TASK OBJECTIVE:
Identify each line below containing the string "asleep" and copy it.

+-------+

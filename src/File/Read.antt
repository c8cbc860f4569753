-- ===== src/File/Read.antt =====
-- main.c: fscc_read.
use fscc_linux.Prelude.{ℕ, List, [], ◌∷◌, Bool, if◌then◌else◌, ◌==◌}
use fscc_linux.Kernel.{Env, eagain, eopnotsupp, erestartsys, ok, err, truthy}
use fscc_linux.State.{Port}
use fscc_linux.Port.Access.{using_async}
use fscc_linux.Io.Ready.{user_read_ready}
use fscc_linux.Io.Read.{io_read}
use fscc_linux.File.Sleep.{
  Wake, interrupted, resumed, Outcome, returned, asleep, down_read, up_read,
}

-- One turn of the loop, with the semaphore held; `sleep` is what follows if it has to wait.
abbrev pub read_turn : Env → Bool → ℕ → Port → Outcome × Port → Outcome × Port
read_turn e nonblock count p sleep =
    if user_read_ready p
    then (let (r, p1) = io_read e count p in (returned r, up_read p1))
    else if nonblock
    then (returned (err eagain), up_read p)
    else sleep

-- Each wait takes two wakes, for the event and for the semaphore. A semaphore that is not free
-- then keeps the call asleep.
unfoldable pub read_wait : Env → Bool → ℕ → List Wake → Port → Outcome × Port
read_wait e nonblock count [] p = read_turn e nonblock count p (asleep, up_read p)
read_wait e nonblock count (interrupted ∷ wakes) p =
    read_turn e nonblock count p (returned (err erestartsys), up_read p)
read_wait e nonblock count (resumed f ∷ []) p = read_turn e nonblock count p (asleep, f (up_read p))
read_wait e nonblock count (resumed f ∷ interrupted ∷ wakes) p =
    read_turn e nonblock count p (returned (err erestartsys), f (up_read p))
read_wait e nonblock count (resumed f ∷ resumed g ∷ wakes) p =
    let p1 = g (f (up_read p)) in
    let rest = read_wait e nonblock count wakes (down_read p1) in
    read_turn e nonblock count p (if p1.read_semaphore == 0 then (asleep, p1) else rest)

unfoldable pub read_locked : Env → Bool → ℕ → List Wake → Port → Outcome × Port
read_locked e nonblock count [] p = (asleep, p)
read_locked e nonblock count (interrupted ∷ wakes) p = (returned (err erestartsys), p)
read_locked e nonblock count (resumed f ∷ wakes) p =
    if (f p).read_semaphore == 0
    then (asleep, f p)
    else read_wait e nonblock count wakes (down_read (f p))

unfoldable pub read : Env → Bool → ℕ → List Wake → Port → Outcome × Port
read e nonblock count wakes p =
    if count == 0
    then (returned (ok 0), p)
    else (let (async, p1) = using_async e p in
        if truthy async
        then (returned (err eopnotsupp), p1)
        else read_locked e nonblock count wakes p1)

+-------+

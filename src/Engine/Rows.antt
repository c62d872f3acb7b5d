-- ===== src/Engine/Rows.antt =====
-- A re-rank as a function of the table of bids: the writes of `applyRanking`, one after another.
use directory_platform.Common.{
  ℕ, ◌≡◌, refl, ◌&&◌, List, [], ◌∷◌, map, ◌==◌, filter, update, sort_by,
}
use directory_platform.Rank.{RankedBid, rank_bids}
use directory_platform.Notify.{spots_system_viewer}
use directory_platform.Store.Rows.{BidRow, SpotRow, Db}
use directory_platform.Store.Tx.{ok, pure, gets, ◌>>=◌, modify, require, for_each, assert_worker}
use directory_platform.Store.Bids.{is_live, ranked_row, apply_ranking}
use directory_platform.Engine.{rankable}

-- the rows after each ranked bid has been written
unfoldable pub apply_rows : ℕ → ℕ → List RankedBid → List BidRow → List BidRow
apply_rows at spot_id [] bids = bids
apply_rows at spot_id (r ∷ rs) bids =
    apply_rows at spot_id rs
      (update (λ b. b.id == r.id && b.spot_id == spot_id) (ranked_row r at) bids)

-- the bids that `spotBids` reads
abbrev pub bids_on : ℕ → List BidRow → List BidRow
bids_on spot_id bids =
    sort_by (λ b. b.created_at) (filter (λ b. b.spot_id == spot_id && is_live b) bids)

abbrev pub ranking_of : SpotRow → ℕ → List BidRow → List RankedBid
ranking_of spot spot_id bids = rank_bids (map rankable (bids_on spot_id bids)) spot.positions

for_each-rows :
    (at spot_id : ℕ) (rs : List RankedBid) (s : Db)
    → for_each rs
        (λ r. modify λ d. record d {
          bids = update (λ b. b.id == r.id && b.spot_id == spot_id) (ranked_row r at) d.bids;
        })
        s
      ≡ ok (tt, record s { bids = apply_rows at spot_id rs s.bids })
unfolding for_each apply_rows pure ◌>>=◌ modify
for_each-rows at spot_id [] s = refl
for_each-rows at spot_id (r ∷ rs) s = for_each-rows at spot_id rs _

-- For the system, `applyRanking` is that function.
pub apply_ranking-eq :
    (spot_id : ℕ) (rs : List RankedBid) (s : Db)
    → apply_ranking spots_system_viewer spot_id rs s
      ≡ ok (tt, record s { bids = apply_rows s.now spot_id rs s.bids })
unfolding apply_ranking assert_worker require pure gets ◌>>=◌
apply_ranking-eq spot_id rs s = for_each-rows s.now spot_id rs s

+-------+

RESULT BELOW:
  Wake, interrupted, resumed, Outcome, returned, asleep, down_read, up_read,
-- then keeps the call asleep.
read_wait e nonblock count [] p = read_turn e nonblock count p (asleep, up_read p)
read_wait e nonblock count (resumed f ∷ []) p = read_turn e nonblock count p (asleep, f (up_read p))
    read_turn e nonblock count p (if p1.read_semaphore == 0 then (asleep, p1) else rest)
read_locked e nonblock count [] p = (asleep, p)
    then (asleep, f p)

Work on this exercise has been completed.